[[ Data listing open ]]
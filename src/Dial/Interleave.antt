-- ===== src/Dial/Interleave.antt =====
-- connect_dial.go, `interleaveTCPAddresses`.
pub mod Laws
use forwardproxy.Base.{
  ℕ, Bool, true, false, not, ◌&&◌, ◌||◌, List, [], ◌∷◌, ◌++◌, Option, none, some, Bytes,
  if◌then◌else◌,
}
use forwardproxy.Std.Net.{Ip, IpText, host_port, bad_address, split_host_port, to4}

pub data Network : Type 0 where
  tcp tcp4 tcp6 : Network

pub data Family : Type 0 where
  v4 v6 : Family

unfoldable pub same_family : Family → Family → Bool
same_family v4 v4 = true
same_family v6 v6 = true
same_family _ _ = false

-- `ip.To4() != nil`
unfoldable pub ip_family : Ip → Family
ip_family ip = elim (to4 ip) [ some _ ↦ v4 | none ↦ v6 ]

-- Whether a `tcp4` or `tcp6` dial leaves this family out.
unfoldable pub wrong_family : Network → Family → Bool
wrong_family tcp4 v6 = true
wrong_family tcp6 v4 = true
wrong_family _ _ = false

unfoldable pub parsed_family : IpText → Bytes → Option Family
unfolding ip_family
parsed_family text address = elim (split_host_port address) [
  | bad_address _ ↦ none
  | host_port host _ ↦ elim (text.parse_ip host) [ none ↦ none | some ip ↦ some (ip_family ip) ]
]

-- The family of an address that the loop keeps.
unfoldable pub kept_family : IpText → Network → Bytes → Option Family
unfolding parsed_family
kept_family text network address = elim (parsed_family text address) [
  | none ↦ none
  | some f ↦ if wrong_family network f then none else some f
]

-- The loop's variables; `primary_family` is what was read when `primary` was last empty.
pub record Sorted : Type 0 where
  pub primary : List Bytes
  pub fallback : List Bytes
  pub primary_family : Family

put_address : Family → Bytes → Sorted → Sorted
put_address f address s =
    if same_family f s.primary_family
    then record s { primary = s.primary ++ address ∷ [] }
    else record s { fallback = s.fallback ++ address ∷ [] }

first_family : Family → List Bytes → Family → Family
first_family f [] old = f
first_family f (a ∷ primary) old = old

sort_address : Bytes → Option Family → Sorted → Sorted
unfolding put_address first_family
sort_address address none s = s
sort_address address (some f) s =
    put_address f address (record s { primary_family = first_family f s.primary s.primary_family })

unfoldable pub sort_addresses : IpText → Network → List Bytes → Sorted → Sorted
unfolding sort_address
sort_addresses text network [] s = s
sort_addresses text network (a ∷ addresses) s =
    sort_addresses text network addresses (sort_address a (kept_family text network a) s)

-- The second loop: one address of each list in turn, while there is one.
unfoldable pub alternate : List Bytes → List Bytes → List Bytes
alternate [] [] = []
alternate (p ∷ primary) [] = p ∷ alternate primary []
alternate [] (f ∷ fallback) = f ∷ alternate [] fallback
alternate (p ∷ primary) (f ∷ fallback) = p ∷ f ∷ alternate primary fallback

abbrev pub unsorted : Sorted
unsorted = record { primary = []; fallback = []; primary_family = v6 }

unfoldable pub interleave_tcp_addresses : IpText → Network → List Bytes → List Bytes
unfolding sort_addresses alternate
interleave_tcp_addresses text network addresses =
    let s = sort_addresses text network addresses unsorted in alternate s.primary s.fallback
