-- ===== src/Std/Strconv.antt =====
-- Go's `strconv.Atoi` and `strconv.Itoa` on a 64-bit `int`.
pub mod Laws
use forwardproxy.Base.{
  ℕ, zero, suc, ◌+◌, ◌-◌, ◌*◌, ◌/◌, ◌%◌, ◌^◌, ℤ, pos, negsuc, Bool, true, ◌&&◌, [], ◌∷◌, Option,
  none, some, Bytes, leb, ltb, ◌==◌, if◌then◌else◌,
}

abbrev pub is_digit : ℕ → Bool
is_digit c = leb b'0' c && leb c b'9'

-- Whether a string has decimal digits only.
unfoldable pub only_digits : Bytes → Bool
only_digits [] = true
only_digits (c ∷ s) = is_digit c && only_digits s

-- The value of a row of decimal digits, behind those already read.
unfoldable pub digits_value : ℕ → Bytes → Option ℕ
digits_value acc [] = some acc
digits_value acc (c ∷ s) =
    let rest = digits_value (acc * 10 + (c - b'0')) s in if is_digit c then rest else none

-- One digit at least.
unsigned : Bytes → Option ℕ
unfolding digits_value
unsigned [] = none
unsigned (c ∷ s) = digits_value 0 (c ∷ s)

positive : Option ℕ → Option ℤ
positive none = none
positive (some n) = if ltb n (2 ^ 63) then some (pos n) else none

negative : Option ℕ → Option ℤ
negative none = none
negative (some n) =
    if n == 0 then some (pos 0) else if leb n (2 ^ 63) then some (negsuc (n - 1)) else none

unfoldable pub atoi : Bytes → Option ℤ
unfolding unsigned positive negative
atoi [] = none
atoi (c ∷ s) =
    if c == b'+'
    then positive (unsigned s)
    else if c == b'-'
    then negative (unsigned s)
    else positive (unsigned (c ∷ s))

itoa_onto : ℕ → ℕ → Bytes → Bytes
itoa_onto zero n out = out
itoa_onto (suc fuel) n out =
    let more = itoa_onto fuel (n / 10) ((b'0' + n % 10) ∷ out) in
    if ltb n 10 then (b'0' + n) ∷ out else more

-- An `int` that is not negative has at most 19 digits.
unfoldable pub itoa : ℕ → Bytes
unfolding itoa_onto
itoa n = itoa_onto 20 n []
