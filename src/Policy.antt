-- ===== src/Policy.antt =====
-- native_udp_protocol.go, `prepareTargetPolicy` to `legacyTargetPolicyError`, and `portIsAllowed` of
-- forwardproxy.go.
pub mod Resolve
pub mod Order
mod Tests
use forwardproxy.Acl.{
  AclRule, domain_rule, ip_rule, all_rule, try_match, Decision, allowed, denied, no_match,
  host_is_allowed,
}
use forwardproxy.Base.{
  ℕ, zero, suc, ℤ, pos, negsuc, Bool, true, false, not, ◌&&◌, ◌||◌, List, [], ◌∷◌, ◌++◌, Option,
  none, some, Bytes, codes, equal, leb, ltb, ◌==◌, if◌then◌else◌, length,
}
use forwardproxy.Std.Net.{
  Ip, IpText, HostPort, AddressError, host_port, bad_address, split_host_port, join_host_port,
}
use forwardproxy.Std.Strconv.{atoi}

pub data FailureKind : Type 0 where
  malformed port_denied domain_denied lookup_failed no_allowed_address : FailureKind

-- `statusCode`
unfoldable pub status_code : FailureKind → ℕ
status_code malformed = 400
status_code lookup_failed = 502
status_code _ = 403

unfoldable pub listed : ℕ → List ℤ → Bool
listed n [] = false
listed n (pos p ∷ ports) = p == n || listed n ports
listed n (negsuc p ∷ ports) = listed n ports

unfoldable pub check_port : List ℤ → ℤ → Bool
check_port ports (negsuc _) = false
check_port ports (pos zero) = false
check_port [] (pos (suc n)) = not (ltb 65535 (suc n))
check_port (p ∷ ports) (pos (suc n)) =
    if ltb 65535 (suc n) then false else listed (suc n) (p ∷ ports)

-- `portIsAllowed`
unfoldable pub port_is_allowed : List ℤ → Bytes → Bool
unfolding check_port listed
port_is_allowed allowed_ports port = elim (atoi port) [
  | none ↦ false
  | some n ↦ check_port allowed_ports n
]

-- What the handler's configuration gives to the policy.
pub record Rules : Type 0 where
  pub acl_rules : List AclRule
  pub allowed_ports : List ℤ

pub data Prepared : Type 0 where
  admitted : Bytes → Bytes → Prepared
  rejected : FailureKind → Prepared

-- The loop over the domain rules; the other rules are skipped.
unfoldable pub domain_policy : List AclRule → Bytes → Decision
domain_policy [] host = no_match
domain_policy (domain_rule d sub allow ∷ rules) host =
    let rest = domain_policy rules host in
    elim (try_match (domain_rule d sub allow) [] host) [
      | denied ↦ denied
      | allowed ↦ allowed
      | no_match ↦ rest
    ]
domain_policy (ip_rule net allow ∷ rules) host = domain_policy rules host
domain_policy (all_rule allow ∷ rules) host = domain_policy rules host

-- `prepareTargetPolicy`
unfoldable pub prepare_target_policy : Rules → Bytes → Prepared
prepare_target_policy h target = elim (split_host_port target) [
  | bad_address _ ↦ rejected malformed
  | host_port host port ↦
      if not (port_is_allowed h.allowed_ports port)
      then rejected port_denied
      else elim (domain_policy h.acl_rules host) [
        | denied ↦ rejected domain_denied
        | allowed ↦ admitted host port
        | no_match ↦ admitted host port
      ]
]

pub record ResolvedTarget : Type 0 where
  pub host : Bytes
  pub port : Bytes
  pub addresses : List Bytes

pub data Resolved : Type 0 where
  resolved : ResolvedTarget → Resolved
  failed : FailureKind → Resolved

unfoldable pub member : Bytes → List Bytes → Bool
member a [] = false
member a (x ∷ xs) = equal x a || member a xs

module _ (text : IpText) (rules : List AclRule) (host port : Bytes) where
  -- One looked-up address: skipped if nil or not allowed, or if its dial address is there already.
  -- The keys of `seen` are the addresses appended so far.
  unfoldable pub admit_address : Ip → List Bytes → List Bytes
  admit_address ip addresses =
      let address = join_host_port (text.ip_string ip) port in
      if length ip == 0 || not (host_is_allowed rules host ip)
      then addresses
      else if member address addresses
      then addresses
      else addresses ++ address ∷ []

  unfoldable pub admit_addresses : List Ip → List Bytes → List Bytes
  admit_addresses [] addresses = addresses
  admit_addresses (ip ∷ ips) addresses = admit_addresses ips (admit_address ip addresses)

-- The end of `resolveTargetCheckACL`, on the addresses collected.
unfoldable pub collected : Bytes → Bytes → List Bytes → Resolved
collected host port [] = failed no_allowed_address
collected host port (a ∷ addresses) =
    resolved (record { host = host; port = port; addresses = a ∷ addresses })

unfoldable pub looked_up : IpText → Rules → Bytes → Bytes → Option (List Ip) → Resolved
unfolding collected
looked_up text h host port none = failed lookup_failed
looked_up text h host port (some ips) =
    collected host port (admit_addresses text h.acl_rules host port ips [])

unfoldable pub resolve_prepared : IpText → (Bytes → Option (List Ip)) → Rules → Prepared → Resolved
unfolding looked_up
resolve_prepared text lookup h (rejected kind) = failed kind
resolve_prepared text lookup h (admitted host port) = looked_up text h host port (lookup host)

-- `resolveTargetCheckACL`; `lookup` is the handler's resolver, `none` where it fails.
unfoldable pub resolve_target_check_acl :
    IpText → (Bytes → Option (List Ip)) → Rules → Bytes → Resolved
unfolding resolve_prepared
resolve_target_check_acl text lookup h target =
    resolve_prepared text lookup h (prepare_target_policy h target)

-- The status of the error that `legacyTargetPolicyError` makes.
unfoldable pub legacy_target_policy_error : FailureKind → ℕ
legacy_target_policy_error malformed = 400
legacy_target_policy_error port_denied = 403
legacy_target_policy_error domain_denied = 403
legacy_target_policy_error lookup_failed = 502
legacy_target_policy_error no_allowed_address = 403
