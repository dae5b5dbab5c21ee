-- ===== src/Dial/Feed.antt =====
-- connect_dial_incremental.go, `tcpFamilyFeed`: the candidates of each family that the dial race may
-- still start. The methods run under the feed's mutex, so each is one step. `C` is the type of the
-- errors that lookups and dials return.
pub mod Allowed
pub mod Pops
use forwardproxy.Acl.{AclRule, host_is_allowed}
use forwardproxy.Base.{
  ℕ, zero, suc, ◌+◌, Bool, true, false, not, ◌&&◌, List, [], ◌∷◌, ◌++◌, Option, none, some, Bytes,
  if◌then◌else◌, ◌==◌, length,
}
use forwardproxy.Dial.Interleave.{Network, Family, v4, v6, ip_family, same_family, wrong_family}
use forwardproxy.Policy.{member}
use forwardproxy.Std.Net.{Ip, IpText, join_host_port}

pub record Feed (C : Type 0) : Type 0 where
  pub queue_v4 : List Bytes
  pub queue_v6 : List Bytes
  -- The keys of the `seen` map.
  pub seen : List Bytes
  pub closed : Bool
  -- Whether the one-place wake channel is full.
  pub wake : Bool
  pub err_v4 : Option C
  pub err_v6 : Option C
  pub passed_acl : ℕ

-- What `advance` returns: a candidate, or whether the feed is closed and empty.
pub data Advanced (C : Type 0) : Type 0 where
  candidate : Bytes → Feed C → Advanced C
  idle : Bool → Bool → Advanced C

-- What the resolver returns for one family.
pub data Lookup (C : Type 0) : Type 0 where
  answers : List Ip → Lookup C
  fails : C → Lookup C

abbrev pub is_empty : List Bytes → Bool
is_empty [] = true
is_empty (a ∷ rest) = false

-- What the race ends with when nothing is left to dial.
pub data FinalError (C : Type 0) : Type 0 where
  dial_failed : FinalError C
  last_dial : C → FinalError C
  lookup_failed : C → FinalError C
  no_allowed_address : FinalError C

module _ {C : Type 0} where
  abbrev pub new_feed : Feed C
  new_feed = record {
    queue_v4 = [];
    queue_v6 = [];
    seen = [];
    closed = false;
    wake = false;
    err_v4 = none;
    err_v6 = none;
    passed_acl = 0;
  }

  unfoldable pub pulse : Feed C → Feed C
  pulse f = record f { wake = true }

  pop_v6 : Feed C → List Bytes → Option (Bytes × Feed C)
  pop_v6 f [] = none
  pop_v6 f (a ∷ rest) = some (a, record f { queue_v6 = rest })

  pop_v4 : Feed C → List Bytes → Option (Bytes × Feed C)
  pop_v4 f [] = none
  pop_v4 f (a ∷ rest) = some (a, record f { queue_v4 = rest })

  -- Whether the next candidate is an IPv6 one; `none` is `lastFamily == 0`.
  unfoldable pub take_v6 : Feed C → Option Family → Bool
  take_v6 f none = not (is_empty f.queue_v6)
  take_v6 f (some v4) = not (is_empty f.queue_v6)
  take_v6 f (some v6) = is_empty f.queue_v4

  -- `popLocked`
  unfoldable pub pop_locked : Option Family → Feed C → Option (Bytes × Feed C)
  unfolding pop_v4 pop_v6 take_v6
  pop_locked last f =
      if is_empty f.queue_v4 && is_empty f.queue_v6
      then none
      else if take_v6 f last
      then pop_v6 f f.queue_v6
      else pop_v4 f f.queue_v4

  -- `advance`
  unfoldable pub advance : Bool → Option Family → Feed C → Advanced C
  unfolding pop_locked
  advance due last f =
      let empty = is_empty f.queue_v4 && is_empty f.queue_v6 in
      if due && not empty
      then elim (pop_locked last f) [ some (a, f') ↦ candidate a f' | none ↦ idle f.closed empty ]
      else idle f.closed empty

  both_failed : ℕ → Option C → Option C → FinalError C
  both_failed passed (some e) (some e') = lookup_failed e
  both_failed zero _ _ = no_allowed_address
  both_failed (suc n) _ _ = dial_failed

  -- `finalError`
  unfoldable pub final_error : Feed C → ℕ → Option C → FinalError C
  unfolding both_failed
  final_error f zero last_err = both_failed f.passed_acl f.err_v4 f.err_v6
  final_error f (suc started) none = dial_failed
  final_error f (suc started) (some e) = last_dial e

  module _ (text : IpText) (rules : List AclRule) (network : Network) (host port : Bytes) where
    enqueue : Family → Bytes → Feed C → Feed C
    enqueue v4 a f = record f { queue_v4 = f.queue_v4 ++ a ∷ []; seen = a ∷ f.seen }
    enqueue v6 a f = record f { queue_v6 = f.queue_v6 ++ a ∷ []; seen = a ∷ f.seen }

    -- One answer of the resolver for `family`, with whether anything has been added before.
    unfoldable pub admit_answer : Family → Ip → Feed C × Bool → Feed C × Bool
    unfolding enqueue
    admit_answer family ip (f, added) =
        let address = join_host_port (text.ip_string ip) port in
        let passed = record f { passed_acl = f.passed_acl + 1 } in
        if length ip == 0
        then (f, added)
        else if not (host_is_allowed rules host ip)
        then (f, added)
        else if not (same_family (ip_family ip) family)
        then (passed, added)
        else if wrong_family network (ip_family ip)
        then (passed, added)
        else if member address f.seen
        then (passed, added)
        else (enqueue family address passed, true)

    unfoldable pub admit_answers : Family → List Ip → Feed C × Bool → Feed C × Bool
    unfolding admit_answer
    admit_answers family [] r = r
    admit_answers family (ip ∷ ips) r = admit_answers family ips (admit_answer family ip r)

    fail_family : Family → C → Feed C → Feed C
    fail_family v4 e f = record f { err_v4 = some e }
    fail_family v6 e f = record f { err_v6 = some e }

    -- The goroutine of one family, from the lookup's return on.
    unfoldable pub resolve : Family → Lookup C → Feed C → Feed C
    unfolding admit_answers fail_family
    resolve family (fails e) f = fail_family family e f
    resolve family (answers ips) f =
        let (f', added) = admit_answers family ips (f, false) in if added then pulse f' else f'

  -- After both families: `closed` is set, and the race is woken.
  unfoldable pub close_feed : Feed C → Feed C
  close_feed f = record f { closed = true; wake = true }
[[ Data listing closed ]]
- Assignment -
Stop at the line containing "if same_family f s.primary_family". Please print exactly every line before it from the start of the records, plus that line itself, and nothing else.

- Output of the exercise -
filename src/Dial/Interleave.antt
-- ===== src/Dial/Interleave.antt =====
-- connect_dial.go, `interleaveTCPAddresses`.
pub mod Laws
use forwardproxy.Base.{
  ℕ, Bool, true, false, not, ◌&&◌, ◌||◌, List, [], ◌∷◌, ◌++◌, Option, none, some, Bytes,
  if◌then◌else◌,
}
use forwardproxy.Std.Net.{Ip, IpText, host_port, bad_address, split_host_port, to4}

pub data Network : Type 0 where
  tcp tcp4 tcp6 : Network

pub data Family : Type 0 where
  v4 v6 : Family

unfoldable pub same_family : Family → Family → Bool
same_family v4 v4 = true
same_family v6 v6 = true
same_family _ _ = false

-- `ip.To4() != nil`
unfoldable pub ip_family : Ip → Family
ip_family ip = elim (to4 ip) [ some _ ↦ v4 | none ↦ v6 ]

-- Whether a `tcp4` or `tcp6` dial leaves this family out.
unfoldable pub wrong_family : Network → Family → Bool
wrong_family tcp4 v6 = true
wrong_family tcp6 v4 = true
wrong_family _ _ = false

unfoldable pub parsed_family : IpText → Bytes → Option Family
unfolding ip_family
parsed_family text address = elim (split_host_port address) [
  | bad_address _ ↦ none
  | host_port host _ ↦ elim (text.parse_ip host) [ none ↦ none | some ip ↦ some (ip_family ip) ]
]

-- The family of an address that the loop keeps.
unfoldable pub kept_family : IpText → Network → Bytes → Option Family
unfolding parsed_family
kept_family text network address = elim (parsed_family text address) [
  | none ↦ none
  | some f ↦ if wrong_family network f then none else some f
]

-- The loop's variables; `primary_family` is what was read when `primary` was last empty.
pub record Sorted : Type 0 where
  pub primary : List Bytes
  pub fallback : List Bytes
  pub primary_family : Family

put_address : Family → Bytes → Sorted → Sorted
put_address f address s =
    if same_family f s.primary_family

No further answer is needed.